1.2.2. Square-root lasso

The dimension \(p\) may be much larger than the sample size \(n\), the assumption of sparsity of regression coefficients is common. And various regularized methods have been used in variable selection for linear regression models. However, the theoretical properties of regression parameter estimation depend on the normality or sub-Gaussianity of the random noises in most studies.

[1] proposes a pivotal method for estimating high-dimensional sparse linear regression, called square-root (SQRT) lasso, which does not rely on the knowledge of the standard deviation of noise and the normality or sub-Gaussianity of noises. The optimization problem is

\[\underset{\beta\in\mathbb{R}^n}{\min} \{Q(\beta)\}^{1/2} + \frac{\lambda}{n}\|\beta\|_1,\]
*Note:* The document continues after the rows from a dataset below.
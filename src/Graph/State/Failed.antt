-- ===== src/Graph/State/Failed.antt =====
-- What `mark_node_failed` and `mark_channel_failed` (fiber/src/fiber/graph.rs) do to the channels of
-- the graph, and to those that `get_node_inbounds` gives.
use Prim.Native.Nat.{Ordering}
use ai_ckb_backend.Common.{ℕ, ◌≡◌, ◌≢◌, refl, List, [], ◌∷◌, Option, some, none, arith}
use ai_ckb_backend.Common.BTreeMap.{Key_ord}
use ai_ckb_backend.Graph.Info.{ChannelInfo}
use ai_ckb_backend.Graph.State.{
  NetworkGraph, Inbound, inbound, insert_inbound, add_inbound, inbounds_of, get_node_inbounds,
  disable_from, disable_all_from, mark_node_failed, cmp_inbound,
}
use ai_ckb_backend.Graph.State.Marked.{NodeFailed, mark_node_failed-NodeFailed}

-- Every element passes.
abbrev pub AllInbounds : (Inbound → Type 0) → List Inbound → Type 0
AllInbounds P [] = Unit
AllInbounds P (i ∷ is) = P i × AllInbounds P is

module _ (P : Inbound → Type 0) where
  insert_inbound-AllInbounds :
      (i : Inbound) (is : List Inbound)
      → P i
      → AllInbounds P is
      → AllInbounds P (insert_inbound i is)
  insert_inbound-AllInbounds i [] p a = (p, tt)
  insert_inbound-AllInbounds i (j ∷ is) p (q, a) =
      elim (cmp_inbound i j)
        as (λ o.
          AllInbounds P (elim o [ Ordering.gt ↦ j ∷ insert_inbound i is | _ ↦ i ∷ j ∷ is ])) [
            | Ordering.lt ↦ (p, (q, a))
            | Ordering.eq ↦ (p, (q, a))
            | Ordering.gt ↦ (q, insert_inbound-AllInbounds i is p a)
          ]

  add_inbound-AllInbounds :
      (o : Option Inbound) (is : List Inbound)
      → ((i : Inbound) → o ≡ some i → P i)
      → AllInbounds P is
      → AllInbounds P (add_inbound o is)
  add_inbound-AllInbounds none is p a = a
  add_inbound-AllInbounds (some i) is p a = insert_inbound-AllInbounds i is (p i refl) a

-- The edge starts at another node.
abbrev pub IsNotFrom : ℕ → Inbound → Type 0
IsNotFrom node i = i.from ≢ node

disable_from-inbound :
    (node target : ℕ) (c : ChannelInfo) (i : Inbound)
    → target ≢ node
    → inbound target (disable_from node c) ≡ some i
    → IsNotFrom node i
disable_from-inbound node target c i h e f = ground (arith, h, e, f)

disable_all_from-inbounds :
    (node target : ℕ) (cs : List (ℕ × ChannelInfo))
    → target ≢ node
    → AllInbounds (IsNotFrom node) (inbounds_of target (disable_all_from node cs))
disable_all_from-inbounds node target [] h = tt
disable_all_from-inbounds node target ((o, c) ∷ cs) h =
    add_inbound-AllInbounds (IsNotFrom node) (inbound target (disable_from node c))
      (inbounds_of target (disable_all_from node cs))
      (λ i e. disable_from-inbound node target c i h e) (disable_all_from-inbounds node target cs h)

-- After a node is marked as failed, the channels into any other node that `get_node_inbounds` gives do
-- not start at it; and no channel is lost or changed but for the updates of the failed node's channels
-- in one direction, which are turned off.
pub mark_node_failed_avoids :
    (node target : ℕ) (g : NetworkGraph)
    → target ≢ node
    → AllInbounds (IsNotFrom node) (get_node_inbounds target (mark_node_failed node g))
      × NodeFailed node g (mark_node_failed node g)
unfolding mark_node_failed get_node_inbounds
mark_node_failed_avoids node target g h =
    (disable_all_from-inbounds node target g.channels h, mark_node_failed-NodeFailed node g)
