-- ===== src/Graph/State/Messages.antt =====
-- What gossip messages change in the graph (`update_for_messages` of fiber/src/fiber/graph.rs).
use mathlib.Core.Path.{subst}
use ai_ckb_backend.Common.{
  ℕ, ◌≤◌, ◌≡◌, refl, sym, ap, ◌∙◌, Bool, true, false, List, [], ◌∷◌, Option, some, none, arith,
  if◌then◌else◌, ltb, ◌==◌, Option-cases, Bool-cases, inl, inr,
}
use ai_ckb_backend.Common.BTreeMap.{Key_ord, get}
use ai_ckb_backend.Common.Outcome.{ok, >>=-Passed, ok_same}
use ai_ckb_backend.Tlc.Info.{Hash256}
use ai_ckb_backend.Gossip.Message.{
  NodeAnnouncement, ChannelAnnouncement, ChannelUpdate, BroadcastMessageWithTimestamp, Cursor,
  is_update_of_node_1, chain_hash, cursor,
}
use ai_ckb_backend.Gossip.Cursor.{Crates, cmp_cursor}
use ai_ckb_backend.Graph.Info.{ChannelInfo, ChannelUpdateInfo, NodeInfo}
use ai_ckb_backend.Graph.State.{
  NetworkGraph, process_channel_announcement, process_channel_update, process_node_announcement,
  process_message, process_own, process_all, update_for_messages, update_lastest_cursor,
  load_channel, load_announced, update_channel, put_update, channel_info_from, update_info_from,
  update_slot, update_time, is_newer, node_info_from, is_gt,
}
use ai_ckb_backend.Graph.State.Advances.{
  IsLater, IsLater-same, Continues, Continues-same, Advances, Advances-same, Advances-chain,
  some_same, set_channel-Advances, set_node-Advances,
}

process_channel_announcement-Advances :
    (t : ℕ) (c : ChannelAnnouncement) (g : NetworkGraph)
    → Advances g (process_channel_announcement t c g).0
unfolding process_channel_announcement channel_info_from
process_channel_announcement-Advances t c g =
    elim (Option-cases (get c.channel_outpoint g.channels)) [
      | inl e ↦
          rw (e, process_channel_announcement)
            (set_channel-Advances c.channel_outpoint (channel_info_from t c) g _ refl refl
              (λ d f. absurd (ground (arith, e, f))))
      | inr (d, e) ↦ rw (e, process_channel_announcement) (Advances-same g)
    ]

IsLater-newer :
    (old : Option ChannelUpdateInfo) (u : ChannelUpdate)
    → is_newer (update_time old) u.timestamp ≡ false
    → IsLater old (some (update_info_from u))
unfolding update_info_from
IsLater-newer none u e = tt
IsLater-newer (some a) u e = ground arith

put_update-Continues :
    (u : ChannelUpdate) (c : ChannelInfo)
    → is_newer (update_time (update_slot u c)) u.timestamp ≡ false
    → Continues c (put_update u c)
put_update-Continues u c e = elim (Bool-cases (is_update_of_node_1 u)) [
  | inl b ↦
      let f : is_newer (update_time c.update_of_node1) u.timestamp ≡ false =
        sym (ap (λ s. is_newer (update_time s) u.timestamp) (rw b refl)) ∙ e in
      rw b (record {
        outpoint = refl;
        ends = (refl, refl);
        capacity = refl;
        updates = (IsLater-newer c.update_of_node1 u f, IsLater-same c.update_of_node2);
      })
  | inr b ↦
      let f : is_newer (update_time c.update_of_node2) u.timestamp ≡ false =
        sym (ap (λ s. is_newer (update_time s) u.timestamp) (rw b refl)) ∙ e in
      rw b (record {
        outpoint = refl;
        ends = (refl, refl);
        capacity = refl;
        updates = (IsLater-same c.update_of_node1, IsLater-newer c.update_of_node2 u f);
      })
]

update_channel-Advances :
    (announcement_of : ℕ → Option (ℕ × ChannelAnnouncement)) (u : ChannelUpdate) (g : NetworkGraph)
    (o : Option ChannelInfo)
    → get u.channel_outpoint g.channels ≡ o
    → Advances g (update_channel announcement_of u o g).0
update_channel-Advances announcement_of u g none e = Advances-same g
update_channel-Advances announcement_of u g (some c) e =
    elim (Bool-cases (is_newer (update_time (update_slot u c)) u.timestamp)) [
      | inl b ↦ rw b (Advances-same g)
      | inr b ↦ rw b (
          set_channel-Advances u.channel_outpoint (put_update u c) g _ refl refl (λ d f.
            subst (λ x. Continues x (put_update u c)) (some_same (sym e ∙ f))
              (put_update-Continues u c b)))
    ]

load_announced-Advances :
    (announcement_of : ℕ → Option (ℕ × ChannelAnnouncement)) (a : Option (ℕ × ChannelAnnouncement))
    (g : NetworkGraph)
    → Advances g (load_announced announcement_of a g)
load_announced-Advances announcement_of none g = Advances-same g
load_announced-Advances announcement_of (some (t, c)) g =
    process_channel_announcement-Advances t c g

load_channel-Advances :
    (announcement_of : ℕ → Option (ℕ × ChannelAnnouncement)) (o : ℕ) (g : NetworkGraph)
    → Advances g (load_channel announcement_of o g)
unfolding load_channel
load_channel-Advances announcement_of o g = elim (Option-cases (get o g.channels)) [
  | inl e ↦ rw (e, load_channel) (load_announced-Advances announcement_of (announcement_of o) g)
  | inr (c, e) ↦ rw (e, load_channel) (Advances-same g)
]

process_node_announcement-Advances :
    (n : NodeAnnouncement) (g : NetworkGraph) → Advances g (process_node_announcement n g).0
unfolding process_node_announcement node_info_from
process_node_announcement-Advances n g = elim (Option-cases (get n.node_id g.nodes)) [
  | inl e ↦
      rw (e, process_node_announcement)
        (set_node-Advances n.node_id (node_info_from n) g (λ i f. absurd (ground (arith, e, f))))
  | inr (j, e) ↦ elim (Bool-cases (ltb n.timestamp j.timestamp)) [
    | inl b ↦ rw (e, process_node_announcement, b) (Advances-same g)
    | inr b ↦
        rw (e, process_node_announcement, b)
          (set_node-Advances n.node_id (node_info_from n) g (λ i f.
            subst (λ (x : NodeInfo). x.timestamp ≤ n.timestamp) (some_same (sym e ∙ f))
              (ground (arith, b))))
  ]
]

process_message-Advances :
    (announcement_of : ℕ → Option (ℕ × ChannelAnnouncement)) (m : BroadcastMessageWithTimestamp)
    (g : NetworkGraph)
    → Advances g (process_message announcement_of m g)
unfolding process_message process_channel_update
process_message-Advances announcement_of (BroadcastMessageWithTimestamp.channel_announcement t c)
      g =
    process_channel_announcement-Advances t c g
process_message-Advances announcement_of (BroadcastMessageWithTimestamp.channel_update u) g =
    Advances-chain (load_channel-Advances announcement_of u.channel_outpoint g) (
      update_channel-Advances announcement_of u (load_channel announcement_of u.channel_outpoint g)
        _ refl)
process_message-Advances announcement_of (BroadcastMessageWithTimestamp.node_announcement n) g =
    process_node_announcement-Advances n g

cursor_only :
    (b : Bool) (c : Cursor) (g : NetworkGraph)
    → Advances g (if b then record g { latest_cursor = c } else g)
cursor_only true c g = record {
  channels = λ o d e. (d, e, Continues-same d);
  nodes = λ n i e. (i, e, omega arith);
}
cursor_only false c g = Advances-same g

module _ (announcement_of : ℕ → Option (ℕ × ChannelAnnouncement)) (crates : Crates)
    (own_chain : Hash256) where
  process_own-Advances :
      (m : BroadcastMessageWithTimestamp) (g : NetworkGraph)
      → Advances g (process_own announcement_of crates own_chain m g)
  process_own-Advances m g = elim (Bool-cases (chain_hash m == own_chain)) [
    | inl e ↦ rw e (process_message-Advances announcement_of m g)
    | inr e ↦ rw e (Advances-same g)
  ]

  update_lastest_cursor-Advances :
      (c : Cursor) (g h : NetworkGraph)
      → update_lastest_cursor announcement_of crates own_chain c g ≡ ok h
      → Advances g h
  unfolding update_lastest_cursor
  update_lastest_cursor-Advances c g h e =
      let (o, f, r) = >>=-Passed (cmp_cursor crates c g.latest_cursor) _ e in
      subst (λ k. Advances g k) (ok_same r)
        (cursor_only (is_gt announcement_of crates own_chain o) c g)

  process_all-Advances :
      (ms : List BroadcastMessageWithTimestamp) (g h : NetworkGraph)
      → process_all announcement_of crates own_chain ms g ≡ ok h
      → Advances g h
  process_all-Advances [] g h e = subst (λ k. Advances g k) (ok_same e) (Advances-same g)
  process_all-Advances (m ∷ ms) g h e =
      let (seen, f, r) =
        >>=-Passed (update_lastest_cursor announcement_of crates own_chain (cursor m) g) _ e in
      Advances-chain (update_lastest_cursor-Advances (cursor m) g seen f) (
        Advances-chain (process_own-Advances m seen)
          (process_all-Advances ms (process_own announcement_of crates own_chain m seen) h r))

  -- Whatever gossip messages are taken in: no channel and no node is forgotten, the ends, the capacity
  -- and the outpoint of a channel stay, and the update of a direction or the announcement of a node is
  -- replaced by one that is no older.
  pub update_for_messages-Advances :
      (ms : List BroadcastMessageWithTimestamp) (g h : NetworkGraph) (changed : Bool)
      → update_for_messages announcement_of crates own_chain ms g ≡ ok (h, changed)
      → Advances g h
  unfolding update_for_messages
  update_for_messages-Advances [] g h changed e =
      subst (λ (r : NetworkGraph × Bool). Advances g r.0) (ok_same e) (Advances-same g)
  update_for_messages-Advances (m ∷ ms) g h changed e =
      let (k, f, r) = >>=-Passed (process_all announcement_of crates own_chain (m ∷ ms) g) _ e in
      subst (λ (x : NetworkGraph × Bool). Advances g x.0) (ok_same r)
        (process_all-Advances (m ∷ ms) g k f)
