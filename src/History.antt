-- ===== src/History.antt =====
-- The payment history: fiber/src/fiber/history.rs, and the error codes that it reads, of
-- fiber/src/fiber/types.rs. A public key and an out point are the numbers that their bytes spell; the
-- wall clock is an argument `now`, the same for all readings within one call.
pub mod ErrorCode
pub mod Internal
pub mod Fail
pub mod Pairs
where \(Q(\beta)=n^{-1}\sum_{i=1}^{n}(Y_i-X_i^{\prime}\beta)^2\) is loss function and \(\lambda\) for some constant \(c>1\) is penalty parameter. The optimal regularization parameter is

\[\lambda_{\text{SQRT}}\asymp \sqrt{\frac{\log p}{n}},\]

the penalty level is independent of \(\sigma\). It’s notable that the optimization problem is non-convex, which means the s computation is complex.

1.2.3. Subset selection for square-root loss

In the frame of best subset selection, considering the following optimization problemc

\[\underset{\beta\in\mathbb{R}^n}{\min} \{Q(\beta)\}^{1/2}, \text{ s.t. } \|\beta\|_0\leq s.\]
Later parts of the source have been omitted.